Under the foregoing provisions, the builder in good faith can compel the landowner to make a choice between appropriating the building

by paying the proper indemnity or obliging the builder to pay the price of the land. The choice belongs to the owner of the land, a rule that accords

with the principle of accession, i.e., that the accessory follows the principal and not the other way around. Even as the option lies with the

landowner, the grant to him, nevertheless, is preclusive. He must choose one. He cannot, for instance, compel the owner of the building to instead

remove it from the land. In order, however, that the builder can invoke that accruing benefit and enjoy his corresponding right to demand that a

choice be made by the landowner, he should be able to prove good faith on his part.[48]

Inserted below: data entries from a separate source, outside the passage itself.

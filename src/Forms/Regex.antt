-- ===== src/Forms/Regex.antt =====
-- Regular expressions, as far as the validators use them, with a matcher that tries what may follow
-- an expression at each place where it can end.
use chat_bot_hub.Prelude.{
  ℕ, zero, suc, Bool, true, false, ◌&&◌, ◌||◌, List, [], ◌∷◌, ◌≡◌, refl, arith, length, ◌==◌, leb,
}

-- One character of a class, and at least one, are the only expressions that take characters.
pub data Re : Type 0 where
  eps : Re
  cls plus : (ℕ → Bool) → Re
  seq alt : Re → Re → Re

unfoldable pub run_plus : (ℕ → Bool) → (List ℕ → Bool) → List ℕ → Bool
run_plus f k [] = false
run_plus f k (c ∷ s) = let more = run_plus f k s in f c && (k s || more)

unfoldable pub run_cls : (ℕ → Bool) → (List ℕ → Bool) → List ℕ → Bool
run_cls f k [] = false
run_cls f k (c ∷ s) = f c && k s

-- The text begins with a match whose rest the continuation takes.
unfoldable pub run : Re → (List ℕ → Bool) → List ℕ → Bool
run eps k s = k s
run (cls f) k s = run_cls f k s
run (plus f) k s = run_plus f k s
run (seq a b) k s = run a (run b k) s
run (alt a b) k s = run a k s || run b k s

abbrev pub at_end : List ℕ → Bool
at_end [] = true
at_end (c ∷ s) = false

-- With both anchors.
unfoldable pub test : Re → List ℕ → Bool
test r s = run r at_end s

-- Without anchors.
unfoldable pub found : Re → List ℕ → Bool
found r [] = run r (λ t. true) []
found r (c ∷ s) = let later = found r s in run r (λ t. true) (c ∷ s) || later

unfoldable pub times : ℕ → Re → Re
times zero r = eps
times (suc n) r = seq r (times n r)

abbrev pub opt : Re → Re
opt r = alt r eps

unfoldable pub up_to : ℕ → Re → Re
up_to zero r = eps
up_to (suc n) r = opt (seq r (up_to n r))

-- Every character is of the class.
unfoldable pub all : (ℕ → Bool) → List ℕ → Bool
all f [] = true
all f (c ∷ s) = f c && all f s

-- At least so many characters, the first ones of the class, and the continuation takes the others.
unfoldable pub starts : ℕ → (ℕ → Bool) → (List ℕ → Bool) → List ℕ → Bool
starts zero f k s = k s
starts (suc n) f k [] = false
starts (suc n) f k (c ∷ s) = f c && starts n f k s

pub run-times :
    (n : ℕ) (f : ℕ → Bool) (k : List ℕ → Bool) (s : List ℕ)
    → run (times n (cls f)) k s ≡ starts n f k s
unfolding run times starts run_cls
run-times zero f k s = refl
run-times (suc n) f k [] = refl
run-times (suc n) f k (c ∷ s) = rw (run-times n f k s)

-- `r{n}` for a class, to the end.
pub test-times :
    (n : ℕ) (f : ℕ → Bool) (s : List ℕ) → test (times n (cls f)) s ≡ ((length s == n) && all f s)
unfolding test run times all run_cls
test-times zero f [] = ground arith
test-times zero f (c ∷ s) = ground arith
test-times (suc n) f [] = ground arith
test-times (suc n) f (c ∷ s) = ground (arith, test-times n f s)

-- `r+` for a class, to the end.
pub test-plus : (f : ℕ → Bool) (s : List ℕ) → test (plus f) s ≡ (leb 1 (length s) && all f s)
unfolding test run run_plus all
test-plus f [] = ground arith
test-plus f (c ∷ []) = ground arith
test-plus f (c ∷ d ∷ s) = ground (arith, test-plus f (d ∷ s))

Good faith, here understood, is an intangible and abstract quality with no technical meaning or statutory definition, and it encompasses,

among other things, an honest belief, the absence of malice and the absence of design to defraud or to seek an unconscionable advantage. An

individuals personal good faith is a concept of his own mind and, therefore, may not conclusively be determined by his protestations alone.  It

implies honesty of intention, and freedom from knowledge of circumstances which ought to put the holder upon inquiry. The essence of good faith

lies in an honest belief in the validity of ones right, ignorance of a superior claim, and absence of intention to overreach another.  Applied to

possession, one is considered in good faith if he is not aware that there exists in his title or mode of acquisition any flaw which invalidates it.[49]
 

In this case, the subject property waived and quitclaimed by Esperanza to the petitioner and her husband in the Affidavit was only

covered by a tax declaration in the name of Esperanza. Petitioner did not even bother to look into the origin of the subject property and to probe

into the right of Esperanza to relinquish the same. Thus, when petitioner and her husband built a house thereon in 1989 they cannot be considered

to have acted in good faith as they were fully aware that when Esperanza executed an Affidavit relinquishing in their favor the subject property the

only proof of Esperanzas ownership over the same was a mere tax declaration. This fact or circumstance alone was enough to put the petitioner

and her husband under inquiry. Settled is the rule that a tax declaration does not prove ownership.  It is merely an indicium of a claim of

ownership. Payment of taxes is not proof of ownership; it is, at best, an indicium of possession in the concept of ownership. Neither tax receipts

nor a declaration of ownership for taxation purposes is evidence of ownership or of a right to possess realty when not supported by other effective

proofs.[50]

With the foregoing, the petitioner is not entitled to the rights under Article 448 and 546 as the petitioner is not a builder and possessor in

good faith.

WHEREFORE, premises considered, the instant Petition is hereby DENIED. The Decision and Resolution of the Court of Appeals in CA-G.R. SP No.

64970, dated 27 October 2006 and 29 June 2007, respectively, affirming the RTC Decision dated 12 September 2000 in Civil Case No. 5511 and

declaring the respondents the lawful owners and possessors of the subject property are hereby AFFIRMED. No costs.